Fast Track, which supporters renamed Trade Promotion Authority as the procedure became increasingly controversial, empowers the executive branch to unilaterally select partner countries for “trade” pacts, decide the agreements’ contents, and then negotiate, sign and enter into the agreements — all before Congress has a vote on the matter. Normal congressional committee processes are forbidden, meaning that the executive branch is empowered to write lengthy legislation on its own with no review or amendments. And, then the president is guaranteed a vote on the done deal within a set amount of time with no amendments allowed and debate limited.

President Obama — despite his campaign promise to reject Fast Track — requested the authority for the Trans-Pacific Partnership (TPP). A years-long battle ensued, with opposition coming from a majority of the U.S. public, most House Democrats and a sizeable bloc of Republicans, organized labor, environmental groups, public health organizations, family farmers, and many more. Despite the unprecedented strength and diversity of this coalition focused on a trade issue, Fast Track authority was passed by a one-vote margin in June 2015.

This delegation of Fast Track authority was for a three-year period with an automatic renewal for another three years after that. The only way to stop the automatic renewal of Fast Track would have been with a congressional resolution of disapproval.

The AFL-CIO sent a letter to Congress opposing Fast Track renewal in its current form because of its opacity and inadequate labor standards. But the broad coalition in Congress and outside that almost stopped Fast Track in 2015 did not organize a push to end the procedure because the disapproval mechanism is designed to only function if the congressional leadership allows it.

And, it was a telling spectacle to watch Sen. Bob Corker (R-Tenn.) and other GOP senators going ballistic over President Donald Trump’s authority to do anything to stop trade cheating while revealing their disinterest in getting rid of the Fast Track legislative luge run. 

Fast Track has been the necessary swamp oil to grease the skids to pass pacts like the North American Free Trade Agreement (NAFTA), and other job-killing deals packed with special corporate protections and rights. The corporate lobby opposes the president having trade authority to combat trade cheating that costs American jobs, but loves Fast-Tracked trade deals that make it easier to outsource additional jobs.
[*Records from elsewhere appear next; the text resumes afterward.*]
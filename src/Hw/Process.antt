-- ===== src/Hw/Process.antt =====
-- hw_service.cpp: processHwUid, and the endpoint /api/hw/uid of access_admin/src/routes_api.cpp.
use access_security_system_e.Common.{
  ℕ, Bool, false, ◌>>=◌, Option, none, some, List, [], ◌∷◌, ◌++◌, String, ltb, ◌==◌, if◌then◌else◌,
}
use access_security_system_e.Common.Text.{str_eq, codes}
use access_security_system_e.Crypto.{Sodium}
use access_security_system_e.KeyManager.{KeyManager}
use access_security_system_e.Handler.{AccessStore, FrameHandlerConfig}
use access_security_system_e.Payload.{JsonLib}
use access_security_system_e.Engine.{DecisionResult, EngineState, publish}
use access_security_system_e.Engine.Decide.{handle_frame_bytes}
use access_security_system_e.Hw.{
  HwUidRequest, HwLib, parse_hw_uid_request, verify_hw_signature, build_encrypted_frame_bytes,
}

unfoldable pub push_hw_event : ℕ → EngineState → List ℕ → ℕ → ℕ → ℕ → EngineState
unfolding publish
push_hw_event now st message reader_id door_id seq = publish st (record {
  id = 0;
  ts_unix_ms = now;
  kind = "hw";
  message = message;
  reader_id = reader_id;
  door_id = door_id;
  seq = seq;
  allow = false;
  reason = "";
})

-- The members of the answer's body.
pub data HwBody : Type 0 where
  -- a refusal before a frame is built: only the reason
  refusal : String → HwBody
  -- buildHwResponse: the reader, the door, the number and the key version
  response : Bool → String → ℕ → ℕ → ℕ → ℕ → HwBody
  -- errorResult
  error : String → HwBody

unfoldable pub build_hw_response : DecisionResult → ℕ → ℕ → ℕ → ℕ → HwBody
build_hw_response r reader_id door_id seq key_version =
    response r.allow r.reason reader_id door_id seq key_version

module _ {V : Type 0} (hw : HwLib V) where
  -- The decision in the body of a response; `none` is an exception of the library.
  unfoldable pub read_decision : List ℕ → Option DecisionResult
  read_decision text = do
    j ← hw.parse text
    allow ← hw.value_bool j (codes "allow") false
    reason ← hw.value_text j (codes "reason") "remote_error"
    some (record { allow = allow; reason = reason })

  -- The loop over the attempts; `none` is an exception while the response is read.
  unfoldable pub remote_loop : List ℕ → List ℕ → DecisionResult → Option DecisionResult
  unfolding read_decision
  remote_loop body [] r = some r
  remote_loop body (attempt ∷ rest) r =
      let unavailable : DecisionResult = record { allow = false; reason = "remote_unavailable" } in
      let r' = if ltb attempt 2 then r else unavailable in
      let again = remote_loop body rest r' in
      elim (hw.post attempt body) [
        | none ↦ again
        | some answer ↦ if answer.0 == 200 then read_decision answer.1 else again
      ]

  unfoldable pub ask_remote : List ℕ → Option DecisionResult
  unfolding remote_loop
  ask_remote body = remote_loop body (0 ∷ (1 ∷ (2 ∷ []))) (record { allow = false; reason = "" })

  module _ {W : Type 0} (json : JsonLib W) (lib : Sodium) (m : KeyManager) (c : FrameHandlerConfig)
      (store : AccessStore) (remote : Bool) (random : List ℕ) where
    -- After the frame is built: the decision, here or over HTTP.
    unfoldable pub decide_scan :
        ℕ → EngineState → HwUidRequest → ℕ → List ℕ → EngineState × Option HwBody
    unfolding ask_remote build_hw_response
    decide_scan now st q key_version bytes =
        let here = handle_frame_bytes json lib m c (some store) now st bytes in
        let answer =
          λ (r : DecisionResult). build_hw_response r q.reader_id q.door_id q.hw_seq key_version in
        if remote
        then (st, ask_remote bytes >>= λ r. some (answer r))
        else (here.state, here.result >>= λ r. some (answer r))

    -- processHwUid, which reads the clock at `ts`, and the engine at `now`. Over HTTP the engine's
    -- state changes in the decision service's call, not in this one.
    unfoldable pub process_hw_uid : ℕ → ℕ → EngineState → HwUidRequest → EngineState × Option HwBody
    unfolding push_hw_event decide_scan
    process_hw_uid ts now st q =
        let key_version = store.current_key_version_for_reader q.reader_id in
        let unknown =
          push_hw_event ts st (codes "hw uid: unknown_reader") q.reader_id q.door_id 0 in
        let st1 = push_hw_event ts st (codes "uid=" ++ q.uid) q.reader_id q.door_id q.hw_seq in
        if key_version == 0
        then (unknown, some (refusal "unknown_reader"))
        else elim (build_encrypted_frame_bytes lib m c hw random q.reader_id q.door_id q.hw_seq
            key_version ts q.uid q.action) [
              | none ↦ (st1, none)
              | some bytes ↦ decide_scan now st1 q key_version bytes
            ]

    -- The endpoint: the HTTP status and the body. `parse` reads the body as JSON; an exception is
    -- answered with its text, which the library chooses.
    unfoldable pub hw_endpoint :
        Bool
        → List ℕ
        → (List ℕ → Option V)
        → ℕ
        → ℕ
        → EngineState
        → List ℕ
        → List ℕ
        → EngineState × (ℕ × Option HwBody)
    unfolding verify_hw_signature parse_hw_uid_request process_hw_uid
    hw_endpoint ready secret_hex parse ts now st signature_hex body =
        elim (verify_hw_signature lib ready signature_hex body secret_hex) [
          | some e ↦ (st, (if str_eq e "misconfigured" then 500 else 401, some (refusal e)))
          | none ↦ elim (parse body) [
            | none ↦ (st, (400, none))
            | some j ↦ elim (parse_hw_uid_request hw j) [
              | none ↦ (st, (400, some (error "invalid request")))
              | some q ↦
                  (let (st', out) = process_hw_uid ts now st q in
                    if q.hw_seq == 0
                    then (st, (400, some (error "hw_seq must be > 0")))
                    else (st', elim out [ none ↦ (400, none) | some b ↦ (200, some b) ]))
            ]
          ]
        ]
The GOP inaction on Fast Track disapproval made 100 percent clear what is really going on: Team Trade Status Quo is keen to eliminate presidential authority on trade matters that break with their pro-job-outsourcing trade agenda while remaining committed to the current iteration of Fast Track with a view to trying to use it to get more-of-the-same trade deals.

That dynamic makes the current NAFTA renegotiation a moment of truth. The U.S. Trade Representative, Robert Lighthizer, is using this delegation of Fast Track to negotiate a NAFTA replacement that actually has a chance of making things better for working people rather than expanding greater corporate control over our lives.

The renegotiated NAFTA just might eliminate the job outsourcing incentives at NAFTA’s heart, including the system that empowers multinational corporations to attack our laws for taxpayer money before a panel of three corporate lawyers. And the NAFTA replacement may even add labor and environmental standards that could actually help raise wages and improve conditions for people throughout North America.

In the face of this potential game-changer of a trade agreement, congressional Republicans’ inconsistency on Fast Track belies the truth, that for them criticism of presidential trade authority was never about constitutional checks and balances – it was all about making sure their corporate cronies can do whatever they want.

However, the revised NAFTA deal is not done yet. And the GOP’s decision not to act against Fast Track extension suggests that they still think they can get the terrible, TPP-style NAFTA deal that they want.

The diverse coalition that fought Fast Track and that defeated the TPP must remain vigilant and show that a revolutionary new model for NAFTA that puts working people first is the only type of deal that will pass in Congress.